3 février 2015 - Rupture X

Il y a de ces relations sur lesquelles vous bâtissez vos croyances. Vous y mettez toute votre énergie mais les fondements sont bancals. Alors vous ne savez pas si vous aimez ou si vous n'aimez pas, mais vous construisez. Et plus vous construisez, plus, du haut de votre tour, vous occultez les différences profondes qu'il existe entre deux êtres qui n'aspirent pas à la même vie. Mais l'autre entraine encore l'autre dans l'engrenage, et vous vous prenez à rêver à une vie meilleure, à deux. Vous aurez l'appartement parisien, vous aurez vos CDI et le repas sera toujours prêts en rentrant. Et vous êtes persuadés que c'est cela qui vous rendra heureux. Vous faites des concessions au nom de votre appartement parisien. Vous vous dites "Je tiens celui qui bâtira sa vie avec moi". Et le mécanisme continue, comme lorsqu'un premier domino entraine inlassablement le tombé des autres. Chute après chute, vous avez l'impression de bâtir quelque chose de fort. Vous faites des concessions, de plus en plus. Vous vous oubliez un peu, sous prétexte que c'est pour construire une vie avec la personne dont vous aviez toujours rêvé. Mais lorsque l'un des deux se rend compte de la supercherie, tout s'effondre, et la jadis bâtisse ornée de marbre ne laisse place qu'à un terrain marécageux. Des sentiments fades, illusoires, indignes de ce qu'on appelle Amour.

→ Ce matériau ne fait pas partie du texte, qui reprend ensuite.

-- ===== src/Scope/Commit.antt =====
-- `commit` of the scope index keeps its membership maps in step with the committed entries.
use react_native_dblayer.Base.{
  ◌≡◌, refl, ap, sym, subst, ◌∙◌, Bool, true, false, Option, none, some, List, [], map,
  if◌then◌else◌,
}
use react_native_dblayer.Base.Str.{Str, str_eq}
use react_native_dblayer.Base.StrSet
use react_native_dblayer.Base.StrSet.{StrSet}
use react_native_dblayer.Base.StrMap
use react_native_dblayer.Base.StrMap.{StrMap}
use react_native_dblayer.Scope.Entry.{ScopeIndexValue, has_id, entry_id}
use react_native_dblayer.Scope.State.{
  State, set_at, add_ids, entries_of, index_membership, index_commit, bump, landed, commit_live,
  commit_appended, commit,
}
use react_native_dblayer.Scope.Methods.{has_member, keys_of}
use react_native_dblayer.Scope.Membership.{are_distinct}
use react_native_dblayer.Scope.Indexed.{
  IsCoherent, Commits, id_after, landed-Commits, appended-Commits,
}

-- The same maps, whatever else differs.
record SameMaps (s t : State) : Type 0 where
  members : t.member_sets ≡ s.member_sets
  rows : t.keys_by_row ≡ s.keys_by_row
  scopes : t.scopes ≡ s.scopes

SameMaps-IsCoherent : (s t : State) → SameMaps s t → IsCoherent s → IsCoherent t
unfolding has_member keys_of
SameMaps-IsCoherent s t same c = record {
  members = λ key id.
      ap (λ m. StrSet.has id (set_at key m)) same.members
      ∙ c.members key id
      ∙ ap (λ m. has_id id (entries_of (StrMap.get key m))) (sym same.scopes);
  rows = λ key id.
      ap (λ m. StrSet.has key (set_at id m)) same.rows
      ∙ c.rows key id
      ∙ ap (λ m. StrSet.has id (set_at key m)) (sym same.members);
}

SameMaps-Commits :
    (key : Str) (next : ScopeIndexValue) (s t : State)
    → SameMaps s t
    → IsCoherent s
    → are_distinct (map entry_id (entries_of (StrMap.get key s.scopes))) ≡ true
    → Commits key next s (landed key next (index_commit key (StrMap.get key s.scopes) next t))
SameMaps-Commits key next s t same c d =
    let (s', e, c', scopes) = landed-Commits key next t (SameMaps-IsCoherent s t same c) (
      subst (λ m. are_distinct (map entry_id (entries_of (StrMap.get key m))) ≡ true)
        (sym same.scopes) d) in
    (
      s',
      subst (λ m. landed key next (index_commit key (StrMap.get key m) next t) ≡ some s')
          same.scopes e,
      c',
      λ k. scopes k ∙ ap (λ m. if str_eq key k then some next else StrMap.get k m) same.scopes,
    )

bump-SameMaps :
    (b : Bool) (key : Str) (s : State)
    → (let s' = if b then s else bump key s in
        SameMaps s (record s' { removed = StrSet.delete key s'.removed }))
unfolding bump
bump-SameMaps true key s = record { members = refl; rows = refl; scopes = refl }
bump-SameMaps false key s = record { members = refl; rows = refl; scopes = refl }

SameMaps-Commits_appended :
    (key : Str) (next : ScopeIndexValue) (added : List Str) (s t : State)
    → SameMaps s t
    → IsCoherent s
    → ((id : Str)
        → has_id id next.entries
          ≡ id_after (some added) (entries_of (StrMap.get key s.scopes)) next.entries id)
    → Commits key next s
        (landed key next (index_membership key (add_ids added (set_at key s.member_sets)) [] t))
SameMaps-Commits_appended key next added s t same c grown =
    let (s', e, c', scopes) = appended-Commits key next added t (SameMaps-IsCoherent s t same c) (
      subst
        (λ m.
          (id : Str)
          → has_id id next.entries
            ≡ id_after (some added) (entries_of (StrMap.get key m)) next.entries id)
        (sym same.scopes) grown) in
    (
      s',
      subst
          (λ m.
            landed key next (index_membership key (add_ids added (set_at key m)) [] t) ≡ some s')
          same.members e,
      c',
      λ k. scopes k ∙ ap (λ m. if str_eq key k then some next else StrMap.get k m) same.scopes,
    )

-- Where the membership maps are in step with the committed entries, nothing is staged and the
-- entries under a key have distinct ids: a commit under that key, by the append path when it is
-- given added ids and by the path that compares when it is not, throws nothing, the maps are in
-- step again, the key has the new value and every other key the value it had. On the append path
-- the new entries have the ids of the old ones and the added ids.
pub commit-IsCoherent :
    (key : Str) (next : ScopeIndexValue) (fast_add : Option (List Str)) (s : State)
    → IsCoherent s
    → s.staged_scopes ≡ none
    → are_distinct (map entry_id (entries_of (StrMap.get key s.scopes))) ≡ true
    → ((id : Str)
        → has_id id next.entries
          ≡ id_after fast_add (entries_of (StrMap.get key s.scopes)) next.entries id)
    → Commits key next s (commit key next fast_add s)
unfolding commit commit_live commit_appended
commit-IsCoherent key next none s c unstaged d grown =
    rw (unstaged, commit) (SameMaps-Commits key next s _ (bump-SameMaps _ key s) c d)
commit-IsCoherent key next (some added) s c unstaged d grown =
    rw (unstaged, commit)
      (SameMaps-Commits_appended key next added s _ (bump-SameMaps false key s) c grown)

Connaitrais-je un jour une rencontre qui gardera toujours sa magie des premiers temps et qui se s’essoufflera pas pour une raison absurde ? La spontanéité de mes ruptures m'étonnera toujours. Esseulée et perdue, je remonte en selle une nouvelle fois. La brume pénètre chaque interstice pour prendre contact avec ma peau, mais j'avance. J'avance comme toujours. Avec un espoir de plus en plus amoindri de croire au couple, dans tout ce qu'il a de plus noble.